Exercise instructions
Only one stretch of the listing below is wanted. Begin at the line that has "pub mod Steps", stop after the line that has "ready_state : ℕ → ReadyState → Task", and repeat every line in between exactly.

⟨

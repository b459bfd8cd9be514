-- ===== src/Sealer/Days/Safety.antt =====
-- What a whole run over the completed days leaves in the database and in the directories.
use browser_visit_logger.Base.{
  List, [], ◌∷◌, true, false, none, Option, Text, Bool, if◌then◌else◌, inl, ◌≡◌, ℕ, All, refl, not,
  ap, inr, some,
}
use browser_visit_logger.Base.Dict.{NodupKeys}
use browser_visit_logger.Base.Distinct.{Distinct, keep-Distinct, sorted-Distinct, All-keep}
use browser_visit_logger.Base.Sorting.{All-sorted}
use browser_visit_logger.Base.Strings.{text_le}
use browser_visit_logger.Database.{Snapshot}
use browser_visit_logger.Files.{Files, is_dir}
use browser_visit_logger.Files.Listing.{All-list_dir, list_dir-Distinct}
use browser_visit_logger.Paths.Subdirs.{IsEntryName}
use browser_visit_logger.Sealer.Days.{
  candidates, seal_each, seal_candidates, cli, seal_or_list, dry_run,
}
use browser_visit_logger.Sealer.Days.Manifests.{
  row, Accounted, Untouched, Accounted-seal_each, quiet-Untouched,
}
use browser_visit_logger.Snapshots.Effects.{
  Env, World, ◌>>◌, ◌>>=◌, os_read, ok, err, Result, pure, ticked, close, continue, os_outcome,
}
use browser_visit_logger.Snapshots.Effects.Rules.{Stable, Stable-pure, Stable-bind}
use browser_visit_logger.Snapshots.Seal.{ensure_tables}
use browser_visit_logger.Snapshots.Seal.Closed.{Closed-committed}
use browser_visit_logger.Snapshots.Seal.Quiet.{quiet-Closed}

All-candidates : (root today : Text) (fs : Files) → All IsEntryName (candidates root today fs)
unfolding candidates
All-candidates root today fs =
    All-keep IsEntryName _ _ (All-sorted text_le IsEntryName _ (All-list_dir root fs))

candidates-Distinct :
    (root today : Text) (fs : Files) → NodupKeys fs → Distinct (candidates root today fs)
unfolding candidates
candidates-Distinct root today fs unique =
    keep-Distinct _ _ (sorted-Distinct text_le _ (list_dir-Distinct root fs unique))

-- The world in which the loop over the days starts.
abbrev pub begun : Env → World → World
begun env w = ((do ensure_tables env; ensure_tables env) w).1

module _ (env : Env) (day : Text) (before : Option Snapshot) where
  abbrev Start : World → Type 0
  Start = Untouched day before

  abbrev End : List Text → World → World → Type 0
  End names w = Accounted env day before names (begun env w)

  Start-ensure_tables : Stable Start (ensure_tables env)
  unfolding ensure_tables
  Start-ensure_tables =
      Closed-committed env (row day) none _
        (quiet-Closed env (row day) none Start (quiet-Untouched env day before)) (λ db. db)
        (λ db. refl)

  -- Closing keeps what was committed.
  End-close : (names : List Text) (w v : World) → End names w v → End names w (close env v)
  unfolding close
  End-close names w v = elim [ inl same ↦ inl (same.1, same.1) | inr stands ↦ inr stands ]

  End-seal_each :
      (names : List Text)
      → All IsEntryName names
      → Distinct names
      → (w : World) → Start w
      → End names w ((do ensure_tables env; ensure_tables env; seal_each env names) w).1
  End-seal_each names hs d w p = first (ensure_tables env w) (Start-ensure_tables.at w p)
    where
      second :
          (r : Result (Unit {0}) × World)
          → Start r.1
          → Accounted env day before names r.1 (continue (λ _. seal_each env names) r).1
      second (ok a, v) q = Accounted-seal_each env day before names hs d v q
      second (err x, v) q = inl q

      first :
          (r : Result (Unit {0}) × World)
          → Start r.1
          → Accounted env day before names
              (continue (λ _. ensure_tables env) r).1
              (continue (λ _. do ensure_tables env; seal_each env names) r).1
      first (ok a, v) q = second (ensure_tables env v) (Start-ensure_tables.at v q)
      first (err x, v) q = inl q

  End-seal_candidates :
      (names : List Text)
      → All IsEntryName names
      → Distinct names
      → (w : World) → Start w
      → End names w (seal_candidates env names w).1
  unfolding seal_candidates
  End-seal_candidates names hs d w p = End-close names w _ (End-seal_each names hs d w p)

  Start-dry_run : (names : List Text) (printed : Text) → Stable Start (dry_run env names printed)
  unfolding dry_run
  Start-dry_run [] printed = Stable-pure Start printed
  Start-dry_run (name ∷ names) printed =
      Stable-bind Start _ _ ((quiet-Untouched env day before).reads _) (λ n. Start-dry_run names _)

  End-seal_or_list :
      (dry : Bool) (names : List Text)
      → All IsEntryName names
      → Distinct names
      → (w : World) → Start w
      → End names w (seal_or_list env dry names w).1
  unfolding seal_or_list
  End-seal_or_list true names hs d w p =
      listed _ (dry_run env names [] w) ((Start-dry_run names []).at w p)
    where
      listed :
          (f : Text → ℕ × Text) (r : Result Text × World)
          → Start r.1
          → End names w (continue (λ a. pure (f a)) r).1
      listed f (ok a, v) q = inl q
      listed f (err x, v) q = inl q
  End-seal_or_list false names hs d w p =
      sealed _ (seal_candidates env names w) (End-seal_candidates names hs d w p)
    where
      sealed :
          (a : ℕ × Text) (r : Result (Unit {0}) × World)
          → End names w r.1
          → End names w (continue (λ _. pure a) r).1
      sealed a (ok b, v) q = q
      sealed a (err x, v) q = q

-- Whichever calls and statements fail in a run over the completed days, a day's row in `snapshots`
-- is the one of before when the connection is closed, or the day is one of those that are due and its
-- directory holds a read-only manifest: the header and then, by the files and the tables that the
-- sealing of the due days before it has left, a row for each file of the directory that has a
-- snapshot's name and an event, no row for anything else, and each row on one line of its own. The
-- connection starts with no open transaction, and no path stands twice in the file system.
pub cli-Accounted :
    (env : Env) (dry has_db : Bool) (day : Text) (w : World)
    → NodupKeys w.fs
    → w.saved ≡ w.db
    → Accounted env day
        (row day w.db.snapshots)
        (candidates env.icloud_snapshots_dir env.today_utc w.fs)
        (begun env (ticked w))
        (cli env dry has_db w).1
unfolding cli os_read
cli-Accounted env dry has_db day w unique clean =
    checks (is_dir env.icloud_snapshots_dir w.fs) has_db
  where
    root : Text
    root = env.icloud_snapshots_dir

    due : List Text
    due = candidates root env.today_utc w.fs

    before : Option Snapshot
    before = row day w.db.snapshots

    start : Untouched day before w
    start = (refl, ap (λ db. row day db.snapshots) clean)

    Done : World → Type 0
    Done = Accounted env day before due (begun env (ticked w))

    listed :
        (f : Option (ℕ × Text))
        → Done (continue (λ names. seal_or_list env dry names) (os_outcome env due w.fs w f)).1
    listed none =
        End-seal_or_list env day before dry due (All-candidates root env.today_utc w.fs)
          (candidates-Distinct root env.today_utc w.fs unique) (ticked w) start
    listed (some x) = inl start

    checks :
        (a b : Bool)
        → Done
            (if not a
              then (ok (1, []), w)
              else if not b
              then (ok (1, []), w)
              else (do
                names ← os_read env (candidates root env.today_utc)
                seal_or_list env dry names)
                  w).1
    checks false b = inl start
    checks true false = inl start
    checks true true = listed (env.os_fault w.tick)
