-- ===== src/Agent.antt =====
-- The transport agent's side of data channels, transport/owr_transport_agent.c: its state, the
-- locks, and the helpers that the handlers in the modules below share.
pub mod Open
pub mod Receive
pub mod Close
pub mod Send
pub mod Ids
pub mod Requests
pub mod Handshake
pub mod Opening
pub mod EndToEnd
pub mod Delivery
pub mod Closing
pub mod Reliability
pub mod Bytes
pub mod Invariant
pub mod Events
pub mod Steps
use openwebrtc.Prelude.{
  ℕ, ◌+◌, ◌%◌, ◌^◌, Bool, true, false, not, ◌&&◌, ◌||◌, Option, none, some, List, [], ◌∷◌, ◌++◌,
  ◌==◌, if◌then◌else◌, Map, lookup, insert,
}
use openwebrtc.Prelude.Int.{ℤ, pos}
use openwebrtc.Outcome.{Outcome, deadlock, check}
use openwebrtc.Sctp.{Packet, ppid_control, reliable}
use openwebrtc.Protocol.{OpenRequest}
use openwebrtc.DataChannel.{DataChannel, ReadyState, set_ready_state}
use openwebrtc.DataChannel.Caps.{SctpCaps}

pub data State : Type 0 where
  connecting open_state closing closed : State

-- The agent's struct DataChannel. An element is there or NULL. `read_locked` says that rw_mutex
-- was left locked for reading by a function that has returned.
pub record ChannelInfo : Type 0 where
  pub state : State
  pub data_sink : Bool
  pub data_src : Bool
  pub session_id : ℕ
  pub ordered : Bool
  pub max_packet_life_time : ℤ
  pub max_packet_retransmits : ℤ
  pub protocol : Option (List ℕ)
  pub negotiated : Bool
  pub id : ℕ  -- guint16
  pub label : Option (List ℕ)
  pub ctrl_bytes_sent : ℕ  -- guint
  pub read_locked : Bool

-- A data session: the role in DTLS and the channels by id, each an address of an object.
pub record Session : Type 0 where
  pub dtls_client_mode : Bool
  pub data_channels : Map ℕ

-- A call that is scheduled on the main thread.
pub data Task : Type 0 where
  ready_state : ℕ → ReadyState → Task
  data_channel_requested : ℕ → OpenRequest → Bool → ℕ → Task
  incoming_data : ℕ → Bool → List ℕ → Task

-- `locked` says that data_channels_rw_mutex was left locked for writing by a function that has
-- returned. `objects` are the application's channels by address, `pads` the encoder's sink pads by
-- stream with their caps, `sent` the buffers pushed to the encoder, oldest first.
pub record Agent : Type 0 where
  pub sessions : Map Session
  pub data_channels : Map ChannelInfo
  pub data_session_established : Bool
  pub locked : Bool
  pub objects : Map DataChannel
  pub pads : Map (Option SctpCaps)
  pub sent : List Packet
  pub tasks : List Task

-- g_new0.
abbrev pub zero_info : ChannelInfo
zero_info = record {
  state = connecting;
  data_sink = false;
  data_src = false;
  session_id = 0;
  ordered = false;
  max_packet_life_time = pos 0;
  max_packet_retransmits = pos 0;
  protocol = none;
  negotiated = false;
  id = 0;
  label = none;
  ctrl_bytes_sent = 0;
  read_locked = false;
}

-- data_channels_rw_mutex, taken for reading or writing and released again.
abbrev pub lock_channels : Agent → Outcome (Unit {0})
lock_channels a = check (not a.locked) deadlock

-- A channel's rw_mutex, taken for writing and released again.
abbrev pub lock_info : ChannelInfo → Outcome (Unit {0})
lock_info info = check (not info.read_locked) deadlock

abbrev pub put_info : ℕ → ChannelInfo → Agent → Agent
put_info key info a = record a { data_channels = insert key info a.data_channels }

abbrev pub schedule : Task → Agent → Agent
schedule task a = record a { tasks = a.tasks ++ task ∷ [] }

abbrev pub get_session : Agent → ℕ → Option Session
get_session a stream_id = lookup stream_id a.sessions

-- The role decides the parity of the ids: a server takes odd ones, a client even ones.
unfoldable pub is_valid_sctp_stream_id : Agent → ℕ → ℕ → Bool → Bool
is_valid_sctp_stream_id a session_id stream remotely_initiated = elim (get_session a session_id) [
  | none ↦ false
  | some session ↦
      let id = stream % 2 ^ 16 in
      let is_client = session.dtls_client_mode in
      let result =
        not ((id == 65535) || ((id % 2 == 0) && not is_client) || ((id % 2 == 1) && is_client)) in
      if remotely_initiated then not result else result
]

-- A control message is pushed with reliable and ordered delivery. Without an appsrc the push
-- fails, and only the count changes.
unfoldable pub push_control : ℕ → ChannelInfo → List ℕ × ℕ → Agent → Agent
push_control key info (buf, buf_size) a =
    let counted =
      put_info key (record info { ctrl_bytes_sent = (info.ctrl_bytes_sent + buf_size) % 2 ^ 32 })
        a in
    if info.data_src then record counted { sent = counted.sent ++ packet ∷ [] } else counted
  where
    packet : Packet
    packet = record {
      stream = key;
      ppid = ppid_control;
      ordered = true;
      reliability = reliable;
      payload = buf;
    }

-- The main thread runs a scheduled call; the signals go to the application.
unfoldable pub run_task : Task → Agent → Agent
run_task (ready_state ref state) a = elim (lookup ref a.objects) [
  | none ↦ a
  | some c ↦ record a { objects = insert ref (set_ready_state c state).0 a.objects }
]
run_task (data_channel_requested session request negotiated id) a = a
run_task (incoming_data ref is_binary bytes) a = a
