-- ===== src/DataChannel/Buffered.antt =====
-- The amount of bytes that a data channel reports as buffered, transport/owr_data_channel.c.
use Prim.Native.Nat.{min}
use openwebrtc.Prelude.{
  ℕ, ◌+◌, ◌-◌, ◌^◌, ◌≤◌, ◌<◌, ◌≡◌, ◌⊎◌, inl, inr, Bool-cases, leb, none, some, List, length, arith,
}
use openwebrtc.DataChannel.{DataChannel, max_uint, max_chunk_size, send, get_buffered_amount}

-- The reported amount is what was sent less what the transport says has left, from 0 up to the
-- largest guint; with no closure to ask, all that was sent.
pub get_buffered_amount_lem :
    (c : DataChannel) (answer : ℕ → ℕ)
    → get_buffered_amount c answer
      ≡ min max_uint
          (c.bytes_sent - (elim c.on_request_bytes_sent [ none ↦ 0 | some f ↦ answer f ]))
unfolding get_buffered_amount
get_buffered_amount_lem c answer = ground arith

-- A text that is sent adds its length to the reported amount, if it is not too long, the transport
-- does not report more than was sent, the 64-bit counter does not wrap and the sum is a guint; a
-- text that is too long leaves the object as it was and schedules nothing.
pub send-get_buffered_amount :
    (c : DataChannel) (answer : ℕ → ℕ) (f : ℕ) (text : List ℕ)
    → c.on_request_bytes_sent ≡ some f
    → answer f ≤ c.bytes_sent
    → c.bytes_sent + length text < 2 ^ 64
    → c.bytes_sent + length text - answer f ≤ max_uint
    → ((length text ≤ max_chunk_size)
        × (get_buffered_amount (send c text).0 answer ≡ get_buffered_amount c answer + length text))
      ⊎ ((max_chunk_size < length text) × (send c text ≡ (c, none)))
unfolding get_buffered_amount send
send-get_buffered_amount c answer f text e p q r =
    elim (Bool-cases (leb (length text) max_chunk_size)) [
      | inl h ↦ inl (ground arith, ground arith)
      | inr h ↦ inr (ground arith, ground arith)
    ]
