-- ===== src/Agent/Send.antt =====
-- Messages that the application sends, and the bytes that have left, transport/owr_transport_agent.c.
use openwebrtc.Prelude.{
  ℕ, ◌+◌, ◌-◌, ◌%◌, ◌^◌, not, ◌&&◌, [], ◌∷◌, ◌++◌, take, if◌then◌else◌, lookup,
}
use openwebrtc.Prelude.Int.{ℤ, minus_one, eqb_ℤ, to_uint32}
use openwebrtc.Outcome.{Outcome, ok, null_pointer, require, ◌>>=◌, ◌>>◌}
use openwebrtc.Sctp.{Packet, Reliability, reliable, rtx, ttl, ppid_string, ppid_binary}
use openwebrtc.DataChannel.{SendCall}
use openwebrtc.Agent.{ChannelInfo, Agent, lock_channels, get_session}

-- The reliability of a message, from the channel's two limits.
unfoldable pub send_reliability : ℤ → ℤ → Reliability
send_reliability life_time retransmits =
    if eqb_ℤ life_time minus_one && eqb_ℤ retransmits minus_one
    then reliable
    else if not (eqb_ℤ life_time minus_one)
    then ttl (to_uint32 life_time)
    else rtx (to_uint32 retransmits)

unfoldable pub data_packet : ℕ → ChannelInfo → SendCall → Packet
unfolding send_reliability
data_packet stream info call = record {
  stream = stream;
  ppid = if call.is_binary then ppid_binary else ppid_string;
  ordered = info.ordered;
  reliability = send_reliability info.max_packet_life_time info.max_packet_retransmits;
  payload = take call.size call.bytes;
}

unfoldable pub on_datachannel_send : ℕ → SendCall → Agent → Outcome Agent
unfolding data_packet
on_datachannel_send ref call a = do
  c ← require (lookup ref a.objects) null_pointer
  lock_channels a
  info ← require (lookup c.id a.data_channels) null_pointer
  ok (if info.data_src then record a { sent = a.sent ++ data_packet c.id info call ∷ [] } else a)

-- on_datachannel_request_bytes_sent: the bytes that the encoder has sent on the stream, less those
-- of control messages, in unsigned arithmetic of 64 bits.
unfoldable pub on_datachannel_request_bytes_sent : ℕ → (ℕ → ℕ) → Agent → Outcome ℕ
on_datachannel_request_bytes_sent ref bytes_sent a = do
  c ← require (lookup ref a.objects) null_pointer
  lock_channels a
  info ← require (lookup c.id a.data_channels) null_pointer
  session ← require (get_session a info.session_id) null_pointer
  ok ((bytes_sent c.id + 2 ^ 64 - info.ctrl_bytes_sent) % 2 ^ 64)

⟩

Finished task
pub mod Steps
use openwebrtc.Prelude.{
  ℕ, ◌+◌, ◌%◌, ◌^◌, Bool, true, false, not, ◌&&◌, ◌||◌, Option, none, some, List, [], ◌∷◌, ◌++◌,
  ◌==◌, if◌then◌else◌, Map, lookup, insert,
}
use openwebrtc.Prelude.Int.{ℤ, pos}
use openwebrtc.Outcome.{Outcome, deadlock, check}
use openwebrtc.Sctp.{Packet, ppid_control, reliable}
use openwebrtc.Protocol.{OpenRequest}
use openwebrtc.DataChannel.{DataChannel, ReadyState, set_ready_state}
use openwebrtc.DataChannel.Caps.{SctpCaps}

pub data State : Type 0 where
  connecting open_state closing closed : State

-- The agent's struct DataChannel. An element is there or NULL. `read_locked` says that rw_mutex
-- was left locked for reading by a function that has returned.
pub record ChannelInfo : Type 0 where
  pub state : State
  pub data_sink : Bool
  pub data_src : Bool
  pub session_id : ℕ
  pub ordered : Bool
  pub max_packet_life_time : ℤ
  pub max_packet_retransmits : ℤ
  pub protocol : Option (List ℕ)
  pub negotiated : Bool
  pub id : ℕ  -- guint16
  pub label : Option (List ℕ)
  pub ctrl_bytes_sent : ℕ  -- guint
  pub read_locked : Bool

-- A data session: the role in DTLS and the channels by id, each an address of an object.
pub record Session : Type 0 where
  pub dtls_client_mode : Bool
  pub data_channels : Map ℕ

-- A call that is scheduled on the main thread.
pub data Task : Type 0 where
  ready_state : ℕ → ReadyState → Task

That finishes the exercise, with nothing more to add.